▶ Exercise
Collect the lines of the entries where "decode" shows up.

-------

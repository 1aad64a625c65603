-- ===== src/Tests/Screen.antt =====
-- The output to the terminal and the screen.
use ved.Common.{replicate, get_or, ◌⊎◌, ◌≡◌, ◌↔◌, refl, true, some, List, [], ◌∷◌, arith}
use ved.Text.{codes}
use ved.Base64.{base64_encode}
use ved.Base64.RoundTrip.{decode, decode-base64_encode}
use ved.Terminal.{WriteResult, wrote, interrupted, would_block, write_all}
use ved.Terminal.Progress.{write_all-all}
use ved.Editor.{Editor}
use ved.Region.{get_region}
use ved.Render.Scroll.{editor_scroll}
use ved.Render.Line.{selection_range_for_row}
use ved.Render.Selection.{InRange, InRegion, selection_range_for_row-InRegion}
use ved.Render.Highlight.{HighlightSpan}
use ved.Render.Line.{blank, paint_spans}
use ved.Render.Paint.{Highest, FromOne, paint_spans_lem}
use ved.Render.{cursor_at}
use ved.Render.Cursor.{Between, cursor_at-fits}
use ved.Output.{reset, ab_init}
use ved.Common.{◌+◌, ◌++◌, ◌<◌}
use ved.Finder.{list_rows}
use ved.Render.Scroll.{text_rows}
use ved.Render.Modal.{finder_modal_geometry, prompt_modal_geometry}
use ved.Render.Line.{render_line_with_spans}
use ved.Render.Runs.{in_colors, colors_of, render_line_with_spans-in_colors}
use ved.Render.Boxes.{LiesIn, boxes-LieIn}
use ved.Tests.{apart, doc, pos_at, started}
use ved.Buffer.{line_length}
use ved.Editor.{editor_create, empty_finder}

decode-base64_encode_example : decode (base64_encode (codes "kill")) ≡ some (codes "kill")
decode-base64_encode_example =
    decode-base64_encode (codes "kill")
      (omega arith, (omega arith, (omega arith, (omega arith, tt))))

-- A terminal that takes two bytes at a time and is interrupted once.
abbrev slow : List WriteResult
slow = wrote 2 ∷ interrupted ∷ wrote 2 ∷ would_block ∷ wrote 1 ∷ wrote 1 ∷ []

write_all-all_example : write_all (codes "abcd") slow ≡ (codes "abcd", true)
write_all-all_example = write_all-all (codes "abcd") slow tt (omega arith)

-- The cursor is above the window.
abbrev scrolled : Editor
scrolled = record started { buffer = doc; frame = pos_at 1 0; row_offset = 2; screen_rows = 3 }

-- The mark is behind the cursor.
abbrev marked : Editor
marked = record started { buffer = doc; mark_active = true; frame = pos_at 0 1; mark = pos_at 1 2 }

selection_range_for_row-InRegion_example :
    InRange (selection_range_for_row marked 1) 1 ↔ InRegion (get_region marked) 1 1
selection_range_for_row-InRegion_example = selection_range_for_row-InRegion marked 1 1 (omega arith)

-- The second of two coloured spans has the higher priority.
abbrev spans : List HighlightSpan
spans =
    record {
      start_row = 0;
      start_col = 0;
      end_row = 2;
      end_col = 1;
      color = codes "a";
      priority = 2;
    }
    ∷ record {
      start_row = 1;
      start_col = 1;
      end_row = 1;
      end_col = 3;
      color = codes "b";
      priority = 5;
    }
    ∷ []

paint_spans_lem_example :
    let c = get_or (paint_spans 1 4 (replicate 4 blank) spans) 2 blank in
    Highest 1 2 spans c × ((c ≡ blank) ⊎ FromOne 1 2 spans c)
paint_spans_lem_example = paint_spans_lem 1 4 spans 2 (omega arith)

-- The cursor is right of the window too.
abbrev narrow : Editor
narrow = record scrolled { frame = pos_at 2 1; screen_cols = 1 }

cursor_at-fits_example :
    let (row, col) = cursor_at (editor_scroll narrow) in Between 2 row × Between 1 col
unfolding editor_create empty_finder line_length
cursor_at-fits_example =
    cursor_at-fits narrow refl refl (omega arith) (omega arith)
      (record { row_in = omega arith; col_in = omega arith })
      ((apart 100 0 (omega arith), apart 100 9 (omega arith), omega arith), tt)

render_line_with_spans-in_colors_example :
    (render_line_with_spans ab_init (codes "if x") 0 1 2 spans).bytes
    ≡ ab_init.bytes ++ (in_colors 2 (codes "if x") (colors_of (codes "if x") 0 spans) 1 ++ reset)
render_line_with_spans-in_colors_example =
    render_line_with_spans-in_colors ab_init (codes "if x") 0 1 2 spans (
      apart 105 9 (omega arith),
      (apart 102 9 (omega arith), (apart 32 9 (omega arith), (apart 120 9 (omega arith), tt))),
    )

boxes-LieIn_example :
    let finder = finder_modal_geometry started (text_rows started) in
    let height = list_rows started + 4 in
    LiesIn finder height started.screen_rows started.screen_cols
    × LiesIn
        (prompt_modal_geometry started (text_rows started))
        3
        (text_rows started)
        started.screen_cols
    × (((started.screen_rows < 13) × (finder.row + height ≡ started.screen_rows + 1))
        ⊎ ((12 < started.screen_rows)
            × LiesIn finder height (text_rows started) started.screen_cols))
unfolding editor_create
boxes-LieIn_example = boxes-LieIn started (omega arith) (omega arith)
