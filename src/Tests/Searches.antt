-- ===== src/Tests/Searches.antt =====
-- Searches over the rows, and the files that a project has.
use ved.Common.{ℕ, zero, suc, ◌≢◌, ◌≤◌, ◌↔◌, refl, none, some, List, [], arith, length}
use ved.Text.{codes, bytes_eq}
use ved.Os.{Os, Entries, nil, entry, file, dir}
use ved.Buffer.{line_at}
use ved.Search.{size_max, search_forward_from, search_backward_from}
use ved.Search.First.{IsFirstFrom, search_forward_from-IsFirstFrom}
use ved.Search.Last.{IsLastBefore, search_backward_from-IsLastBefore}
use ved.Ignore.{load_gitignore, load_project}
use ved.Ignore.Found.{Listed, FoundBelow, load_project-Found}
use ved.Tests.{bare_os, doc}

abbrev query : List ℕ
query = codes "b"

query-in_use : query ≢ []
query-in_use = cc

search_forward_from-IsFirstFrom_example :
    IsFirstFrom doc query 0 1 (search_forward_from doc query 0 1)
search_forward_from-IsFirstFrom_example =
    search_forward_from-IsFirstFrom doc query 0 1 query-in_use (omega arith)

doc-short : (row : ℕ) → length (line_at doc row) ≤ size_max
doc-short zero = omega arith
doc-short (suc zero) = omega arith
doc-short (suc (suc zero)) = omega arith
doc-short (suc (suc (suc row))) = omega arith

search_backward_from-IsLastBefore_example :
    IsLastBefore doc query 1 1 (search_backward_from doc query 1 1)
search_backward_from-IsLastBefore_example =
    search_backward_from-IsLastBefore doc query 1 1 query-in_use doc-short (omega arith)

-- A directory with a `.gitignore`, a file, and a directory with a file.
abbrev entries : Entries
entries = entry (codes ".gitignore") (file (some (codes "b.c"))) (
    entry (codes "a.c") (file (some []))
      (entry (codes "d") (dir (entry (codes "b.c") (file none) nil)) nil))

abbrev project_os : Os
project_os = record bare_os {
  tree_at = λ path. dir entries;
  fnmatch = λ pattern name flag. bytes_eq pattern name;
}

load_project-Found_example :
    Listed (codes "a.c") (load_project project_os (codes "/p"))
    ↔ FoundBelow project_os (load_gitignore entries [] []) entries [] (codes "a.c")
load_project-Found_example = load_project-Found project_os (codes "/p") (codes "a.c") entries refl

-------

▶ Answer for the task
use ved.Base64.RoundTrip.{decode, decode-base64_encode}
decode-base64_encode_example : decode (base64_encode (codes "kill")) ≡ some (codes "kill")
decode-base64_encode_example =
    decode-base64_encode (codes "kill")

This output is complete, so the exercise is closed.